[Saved entries]
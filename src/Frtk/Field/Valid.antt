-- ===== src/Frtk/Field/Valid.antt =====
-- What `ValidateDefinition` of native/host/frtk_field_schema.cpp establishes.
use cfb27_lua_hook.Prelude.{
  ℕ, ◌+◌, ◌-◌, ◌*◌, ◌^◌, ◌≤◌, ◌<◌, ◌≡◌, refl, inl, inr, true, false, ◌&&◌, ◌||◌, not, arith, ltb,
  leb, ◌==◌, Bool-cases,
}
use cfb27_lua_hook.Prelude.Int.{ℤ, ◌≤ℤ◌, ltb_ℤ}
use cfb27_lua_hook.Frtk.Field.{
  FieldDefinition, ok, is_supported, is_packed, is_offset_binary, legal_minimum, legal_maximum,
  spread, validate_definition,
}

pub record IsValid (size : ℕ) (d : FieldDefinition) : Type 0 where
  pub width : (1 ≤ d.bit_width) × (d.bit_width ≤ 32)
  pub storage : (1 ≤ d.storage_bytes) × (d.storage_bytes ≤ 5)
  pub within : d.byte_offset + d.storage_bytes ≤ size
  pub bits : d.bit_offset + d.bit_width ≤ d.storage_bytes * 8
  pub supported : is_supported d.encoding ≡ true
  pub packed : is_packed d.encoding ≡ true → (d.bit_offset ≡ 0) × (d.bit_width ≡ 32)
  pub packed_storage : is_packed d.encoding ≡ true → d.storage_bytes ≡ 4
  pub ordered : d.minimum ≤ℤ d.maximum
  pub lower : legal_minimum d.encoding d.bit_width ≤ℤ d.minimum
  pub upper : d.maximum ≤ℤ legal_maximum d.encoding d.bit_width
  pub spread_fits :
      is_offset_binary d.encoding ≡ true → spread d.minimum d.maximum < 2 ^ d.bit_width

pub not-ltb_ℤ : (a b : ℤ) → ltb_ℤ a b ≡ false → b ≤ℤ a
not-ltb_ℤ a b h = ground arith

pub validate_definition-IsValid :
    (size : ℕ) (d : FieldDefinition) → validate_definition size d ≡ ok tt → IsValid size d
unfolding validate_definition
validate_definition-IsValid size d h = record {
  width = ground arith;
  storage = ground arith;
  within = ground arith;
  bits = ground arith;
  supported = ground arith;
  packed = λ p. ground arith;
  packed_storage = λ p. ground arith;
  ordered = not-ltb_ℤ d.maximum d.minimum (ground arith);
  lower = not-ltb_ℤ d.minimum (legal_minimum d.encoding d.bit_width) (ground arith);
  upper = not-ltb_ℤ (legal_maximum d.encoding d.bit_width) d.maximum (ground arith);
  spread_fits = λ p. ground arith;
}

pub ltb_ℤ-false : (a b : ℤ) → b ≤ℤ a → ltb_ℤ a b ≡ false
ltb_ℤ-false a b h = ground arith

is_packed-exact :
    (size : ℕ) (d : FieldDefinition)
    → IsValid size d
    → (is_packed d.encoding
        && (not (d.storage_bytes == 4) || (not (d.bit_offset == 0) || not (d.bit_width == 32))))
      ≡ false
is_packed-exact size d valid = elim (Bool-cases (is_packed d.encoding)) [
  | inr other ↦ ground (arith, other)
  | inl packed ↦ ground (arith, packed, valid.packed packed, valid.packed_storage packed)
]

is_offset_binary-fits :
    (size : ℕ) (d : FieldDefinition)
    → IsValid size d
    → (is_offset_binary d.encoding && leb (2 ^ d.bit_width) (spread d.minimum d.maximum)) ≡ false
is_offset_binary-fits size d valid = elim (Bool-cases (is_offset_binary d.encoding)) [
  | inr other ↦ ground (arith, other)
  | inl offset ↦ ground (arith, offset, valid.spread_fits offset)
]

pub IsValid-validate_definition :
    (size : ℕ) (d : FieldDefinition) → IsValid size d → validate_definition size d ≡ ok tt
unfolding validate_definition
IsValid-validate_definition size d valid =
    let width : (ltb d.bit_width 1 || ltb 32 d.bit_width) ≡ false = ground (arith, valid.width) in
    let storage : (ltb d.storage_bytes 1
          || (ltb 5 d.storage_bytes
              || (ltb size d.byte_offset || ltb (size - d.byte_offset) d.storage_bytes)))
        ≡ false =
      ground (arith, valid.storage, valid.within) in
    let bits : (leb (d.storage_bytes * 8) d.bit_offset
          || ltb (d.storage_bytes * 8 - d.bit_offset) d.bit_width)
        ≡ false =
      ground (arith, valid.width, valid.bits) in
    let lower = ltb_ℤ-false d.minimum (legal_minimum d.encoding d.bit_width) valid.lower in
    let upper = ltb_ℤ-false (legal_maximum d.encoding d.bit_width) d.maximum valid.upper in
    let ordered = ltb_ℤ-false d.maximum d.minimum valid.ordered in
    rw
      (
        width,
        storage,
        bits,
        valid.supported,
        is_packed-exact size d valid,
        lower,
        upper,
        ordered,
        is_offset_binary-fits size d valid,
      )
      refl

* * *

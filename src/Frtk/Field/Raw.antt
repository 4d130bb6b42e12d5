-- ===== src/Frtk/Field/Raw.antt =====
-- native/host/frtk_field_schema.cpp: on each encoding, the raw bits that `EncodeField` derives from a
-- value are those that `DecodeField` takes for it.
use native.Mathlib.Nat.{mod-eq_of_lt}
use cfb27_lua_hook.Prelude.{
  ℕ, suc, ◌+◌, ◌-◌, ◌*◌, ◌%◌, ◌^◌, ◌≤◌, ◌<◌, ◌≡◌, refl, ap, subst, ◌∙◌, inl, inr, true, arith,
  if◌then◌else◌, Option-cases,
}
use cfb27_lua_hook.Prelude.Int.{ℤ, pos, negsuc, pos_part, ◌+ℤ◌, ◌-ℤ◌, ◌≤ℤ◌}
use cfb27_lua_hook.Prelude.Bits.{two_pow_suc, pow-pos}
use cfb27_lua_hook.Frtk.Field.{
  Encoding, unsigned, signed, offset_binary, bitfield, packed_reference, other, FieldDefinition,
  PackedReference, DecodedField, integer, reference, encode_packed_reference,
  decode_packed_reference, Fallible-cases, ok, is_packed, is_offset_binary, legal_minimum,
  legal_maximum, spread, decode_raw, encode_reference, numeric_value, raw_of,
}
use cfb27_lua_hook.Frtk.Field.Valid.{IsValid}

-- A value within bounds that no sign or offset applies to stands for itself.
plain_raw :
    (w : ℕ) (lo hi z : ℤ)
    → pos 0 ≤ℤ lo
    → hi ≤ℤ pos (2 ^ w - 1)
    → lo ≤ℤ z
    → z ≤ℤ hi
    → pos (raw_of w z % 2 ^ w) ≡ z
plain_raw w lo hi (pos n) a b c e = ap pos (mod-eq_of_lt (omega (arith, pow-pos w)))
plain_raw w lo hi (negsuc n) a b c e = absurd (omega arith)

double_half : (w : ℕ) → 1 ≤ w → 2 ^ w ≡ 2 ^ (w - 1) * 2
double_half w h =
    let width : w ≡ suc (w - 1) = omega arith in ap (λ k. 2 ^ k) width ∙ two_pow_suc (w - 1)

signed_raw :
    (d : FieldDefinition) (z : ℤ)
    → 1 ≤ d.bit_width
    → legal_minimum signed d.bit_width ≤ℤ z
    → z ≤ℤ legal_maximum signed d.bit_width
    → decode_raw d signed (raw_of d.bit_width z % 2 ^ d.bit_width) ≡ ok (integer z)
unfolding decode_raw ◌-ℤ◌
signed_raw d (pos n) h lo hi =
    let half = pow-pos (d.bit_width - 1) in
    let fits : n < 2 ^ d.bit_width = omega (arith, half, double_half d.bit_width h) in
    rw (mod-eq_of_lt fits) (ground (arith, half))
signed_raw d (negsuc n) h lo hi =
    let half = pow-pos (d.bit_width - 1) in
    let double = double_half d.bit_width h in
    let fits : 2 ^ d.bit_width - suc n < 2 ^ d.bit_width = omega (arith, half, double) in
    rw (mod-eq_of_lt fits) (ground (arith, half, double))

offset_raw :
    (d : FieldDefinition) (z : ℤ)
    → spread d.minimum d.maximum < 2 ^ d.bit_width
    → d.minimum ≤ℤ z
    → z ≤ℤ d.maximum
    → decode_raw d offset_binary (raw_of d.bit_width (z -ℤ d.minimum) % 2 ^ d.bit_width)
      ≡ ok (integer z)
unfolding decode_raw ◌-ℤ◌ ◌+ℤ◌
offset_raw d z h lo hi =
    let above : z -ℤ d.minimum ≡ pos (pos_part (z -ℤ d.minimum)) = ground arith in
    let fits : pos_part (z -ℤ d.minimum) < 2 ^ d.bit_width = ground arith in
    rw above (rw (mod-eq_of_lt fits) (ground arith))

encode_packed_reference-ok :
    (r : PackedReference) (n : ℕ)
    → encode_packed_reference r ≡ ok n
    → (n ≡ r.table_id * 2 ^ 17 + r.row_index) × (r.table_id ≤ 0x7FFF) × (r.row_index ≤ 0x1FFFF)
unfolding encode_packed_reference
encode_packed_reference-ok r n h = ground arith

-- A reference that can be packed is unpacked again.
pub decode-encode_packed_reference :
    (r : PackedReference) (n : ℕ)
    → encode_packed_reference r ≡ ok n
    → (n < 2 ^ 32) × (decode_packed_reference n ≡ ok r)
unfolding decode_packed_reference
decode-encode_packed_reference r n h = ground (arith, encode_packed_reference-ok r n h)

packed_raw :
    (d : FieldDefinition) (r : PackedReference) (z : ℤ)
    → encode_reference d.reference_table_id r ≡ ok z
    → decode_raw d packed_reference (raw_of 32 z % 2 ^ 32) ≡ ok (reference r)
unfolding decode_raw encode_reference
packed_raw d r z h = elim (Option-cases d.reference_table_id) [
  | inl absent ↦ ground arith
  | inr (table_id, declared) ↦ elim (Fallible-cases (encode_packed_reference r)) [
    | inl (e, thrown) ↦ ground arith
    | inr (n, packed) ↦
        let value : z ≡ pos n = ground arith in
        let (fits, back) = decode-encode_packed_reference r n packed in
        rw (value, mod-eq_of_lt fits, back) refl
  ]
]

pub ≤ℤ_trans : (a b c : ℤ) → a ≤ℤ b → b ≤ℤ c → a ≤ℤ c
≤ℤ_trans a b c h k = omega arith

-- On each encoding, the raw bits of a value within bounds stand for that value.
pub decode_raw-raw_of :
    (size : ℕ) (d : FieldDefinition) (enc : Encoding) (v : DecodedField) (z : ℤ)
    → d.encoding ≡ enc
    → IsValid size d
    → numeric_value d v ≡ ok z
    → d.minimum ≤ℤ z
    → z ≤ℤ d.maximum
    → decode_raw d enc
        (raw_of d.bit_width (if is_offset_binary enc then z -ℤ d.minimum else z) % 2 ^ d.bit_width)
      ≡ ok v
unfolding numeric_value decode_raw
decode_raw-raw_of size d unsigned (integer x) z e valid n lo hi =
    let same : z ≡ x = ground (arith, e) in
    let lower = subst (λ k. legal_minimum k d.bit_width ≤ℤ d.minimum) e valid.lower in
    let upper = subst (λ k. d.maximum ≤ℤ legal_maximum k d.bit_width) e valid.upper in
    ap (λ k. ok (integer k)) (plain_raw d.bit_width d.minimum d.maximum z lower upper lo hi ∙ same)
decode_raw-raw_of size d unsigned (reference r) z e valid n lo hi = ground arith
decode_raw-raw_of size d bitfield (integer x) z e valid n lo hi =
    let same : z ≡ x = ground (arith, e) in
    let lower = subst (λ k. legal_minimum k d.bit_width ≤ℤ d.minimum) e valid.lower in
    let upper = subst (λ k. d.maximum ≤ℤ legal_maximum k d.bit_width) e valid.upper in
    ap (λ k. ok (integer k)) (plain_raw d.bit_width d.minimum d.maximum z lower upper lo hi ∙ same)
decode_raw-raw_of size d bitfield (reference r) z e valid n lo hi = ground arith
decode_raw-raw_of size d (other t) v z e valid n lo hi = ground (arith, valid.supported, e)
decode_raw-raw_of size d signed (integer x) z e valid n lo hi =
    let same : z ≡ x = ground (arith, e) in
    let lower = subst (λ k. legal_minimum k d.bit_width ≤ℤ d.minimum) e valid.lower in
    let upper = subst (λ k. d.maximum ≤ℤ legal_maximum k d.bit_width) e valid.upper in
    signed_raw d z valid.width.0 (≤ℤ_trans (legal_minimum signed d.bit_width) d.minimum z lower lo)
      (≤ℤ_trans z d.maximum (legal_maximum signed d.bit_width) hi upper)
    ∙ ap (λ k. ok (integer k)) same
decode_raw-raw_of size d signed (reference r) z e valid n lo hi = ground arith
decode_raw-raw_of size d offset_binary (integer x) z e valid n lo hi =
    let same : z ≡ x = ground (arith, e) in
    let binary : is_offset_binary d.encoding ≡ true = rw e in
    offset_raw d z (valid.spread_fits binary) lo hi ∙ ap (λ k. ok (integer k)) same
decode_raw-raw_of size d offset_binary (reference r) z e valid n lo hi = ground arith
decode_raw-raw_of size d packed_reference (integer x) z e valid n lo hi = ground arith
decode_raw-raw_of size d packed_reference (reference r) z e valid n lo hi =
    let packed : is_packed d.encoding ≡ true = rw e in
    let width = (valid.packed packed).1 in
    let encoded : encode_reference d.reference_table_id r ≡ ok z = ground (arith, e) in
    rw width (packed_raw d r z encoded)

• _EXERCISE DESCRIPTION_
Take the lines above from the one containing "pub lower : legal_minimum" to the one containing "is_packed-exact size d valid = elim" and retype them exactly, both ends included, with nothing added.

• _REPLY_
  pub lower : legal_minimum d.encoding d.bit_width ≤ℤ d.minimum
  pub upper : d.maximum ≤ℤ legal_maximum d.encoding d.bit_width
  pub spread_fits :
      is_offset_binary d.encoding ≡ true → spread d.minimum d.maximum < 2 ^ d.bit_width

pub not-ltb_ℤ : (a b : ℤ) → ltb_ℤ a b ≡ false → b ≤ℤ a
not-ltb_ℤ a b h = ground arith

pub validate_definition-IsValid :
    (size : ℕ) (d : FieldDefinition) → validate_definition size d ≡ ok tt → IsValid size d
unfolding validate_definition
validate_definition-IsValid size d h = record {
  width = ground arith;
  storage = ground arith;
  within = ground arith;
  bits = ground arith;
  supported = ground arith;
  packed = λ p. ground arith;
  packed_storage = λ p. ground arith;
  ordered = not-ltb_ℤ d.maximum d.minimum (ground arith);
  lower = not-ltb_ℤ d.minimum (legal_minimum d.encoding d.bit_width) (ground arith);
  upper = not-ltb_ℤ (legal_maximum d.encoding d.bit_width) d.maximum (ground arith);
  spread_fits = λ p. ground arith;
}

pub ltb_ℤ-false : (a b : ℤ) → b ≤ℤ a → ltb_ℤ a b ≡ false
ltb_ℤ-false a b h = ground arith

is_packed-exact :
    (size : ℕ) (d : FieldDefinition)
    → IsValid size d
    → (is_packed d.encoding
        && (not (d.storage_bytes == 4) || (not (d.bit_offset == 0) || not (d.bit_width == 32))))
      ≡ false
is_packed-exact size d valid = elim (Bool-cases (is_packed d.encoding)) [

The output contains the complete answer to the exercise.